Going deeper in the analysis of Figure 3, it must first be underlined that I(q) α q^−Df is observed for the N10 sample over almost two orders of magnitude in q. Then, for the lightest samples, fractal geometry extends down to the smallest length scale probed in this experiment with value of Df = 2.4. For sample N46, the departure of I(q) from the q^−2.4 dependence at large q indicates the presence of particles with gyration radii of 10 Ǻ. For this sample, above ~0.15 Ǻ⁻¹_, I(q) found to be nearly proportional to q⁻³. This power law suggests fuzzy particles with a fractal surface [36,37]. The structure at that scale can be modified by oxidation at 500 °C. Remaining -CH₃ groups are removed at 500 °C and new siloxane bonds are created [6,14]. After such a treatment, one observes q⁻⁴ dependence of I(q) at large q, demonstrating that oxidation smoothens the surface of the particles.

Same kind of conclusions can be drawn from Figure 4. For this acid catalyzed silica aerogels, the value of Df is in the range of 2.2–2.3. As expected, the range of scale at which the material is fractal depends on the apparent density of the aerogel. For sample A10, the fractal domain covers almost two orders of magnitude.

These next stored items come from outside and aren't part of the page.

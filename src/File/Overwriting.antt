-- ===== src/File/Overwriting.antt =====
-- Sequences of bytes by their places, read and written by windows.
use chunkfs.Base.{
  ℕ, zero, suc, ◌+◌, ◌≤◌, ◌<◌, ◌≡◌, refl, ap, ◌∙◌, List, [], ◌∷◌, arith, length, ◌==◌,
  if◌then◌else◌,
}

-- A sequence of bytes by their places.
abbrev pub Bytes : Type 0
Bytes = ℕ → ℕ

-- The `n` bytes from a place on.
abbrev pub window : Bytes → ℕ → ℕ → List ℕ
window f pos zero = []
window f pos (suc n) = f pos ∷ window f (pos + 1) n

-- The sequence with a list of bytes written from a place on.
abbrev pub overwrite : Bytes → ℕ → List ℕ → Bytes
overwrite f pos [] o = f o
overwrite f pos (b ∷ bs) o = let rest = overwrite f (pos + 1) bs o in if o == pos then b else rest

pub length-window : (f : Bytes) (pos n : ℕ) → length (window f pos n) ≡ n
length-window f pos zero = refl
length-window f pos (suc n) = ap suc (length-window f (pos + 1) n)

-- Two sequences that agree on a window, the second shifted by `s`.
pub window-shift :
    (f g : Bytes) (s pos n : ℕ)
    → ((i : ℕ) → i < n → f (s + pos + i) ≡ g (pos + i))
    → window f (s + pos) n ≡ window g pos n
window-shift f g s pos zero h = refl
window-shift f g s pos (suc n) h =
    let first : f (s + pos) ≡ g pos = ap f (omega arith) ∙ h 0 (omega arith) ∙ ap g (omega arith) in
    let rest : window f (s + (pos + 1)) n ≡ window g (pos + 1) n =
      window-shift f g s (pos + 1) n
        (λ i lt. ap f (omega arith) ∙ h (i + 1) (omega arith) ∙ ap g (omega arith)) in
    let next : s + pos + 1 ≡ s + (pos + 1) = omega arith in rw (first, next, rest)

pub overwrite_before :
    (f : Bytes) (pos : ℕ) (bs : List ℕ) (o : ℕ) → o < pos → overwrite f pos bs o ≡ f o
overwrite_before f pos [] o h = refl
overwrite_before f pos (b ∷ bs) o h =
    ground (arith, overwrite_before f (pos + 1) bs o (omega arith))

pub overwrite_behind :
    (f : Bytes) (pos : ℕ) (bs : List ℕ) (o : ℕ) → pos + length bs ≤ o → overwrite f pos bs o ≡ f o
overwrite_behind f pos [] o h = refl
overwrite_behind f pos (b ∷ bs) o h =
    ground (arith, overwrite_behind f (pos + 1) bs o (omega arith))

pub overwrite-shift :
    (f g : Bytes) (s pos : ℕ) (bs : List ℕ) (o : ℕ)
    → f (s + o) ≡ g o
    → overwrite f (s + pos) bs (s + o) ≡ overwrite g pos bs o
overwrite-shift f g s pos [] o h = h
overwrite-shift f g s pos (b ∷ bs) o h =
    let next : s + pos + 1 ≡ s + (pos + 1) = omega arith in
    rw next (ground (arith, overwrite-shift f g s (pos + 1) bs o h))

When the TMOS content of the sol increases, ξ/a decreases, and for the densest material (A46), it becomes difficult to highlight clearly a fractal structure. It can only assume that this material is fractal by analogy and continuity with the other samples, and only one a small length.

Turning now to base catalyzed silica aerogels presented in Figure 5 we can observe that the size of the primary particles is bigger around 10–20 Ǻ weakly dependent on the aerogel density [33]. Furthermore, the fractal domain is rather limited and only extend over one order of magnitude for the lightest samples B2, B5 and B10. For the former, the power-law behavior extends down to the smallest accessible q-values. As explained above (see Section 2.4. and Figure 2) as Df is low (1.8), it will be necessary to synthesize extremely tenuous materials in order to have a ξ/a ratio higher than 10.

In summary, we can say that a fractal structure can be clearly observed in certain silica aerogels depending on the conditions of the sol-gel process:

-For acid and neutral catalysed samples, the radius (a) of the primary particles is smaller than 1nm while base catalyzed aerogels show a higher primary particles size (˃1.5 nm).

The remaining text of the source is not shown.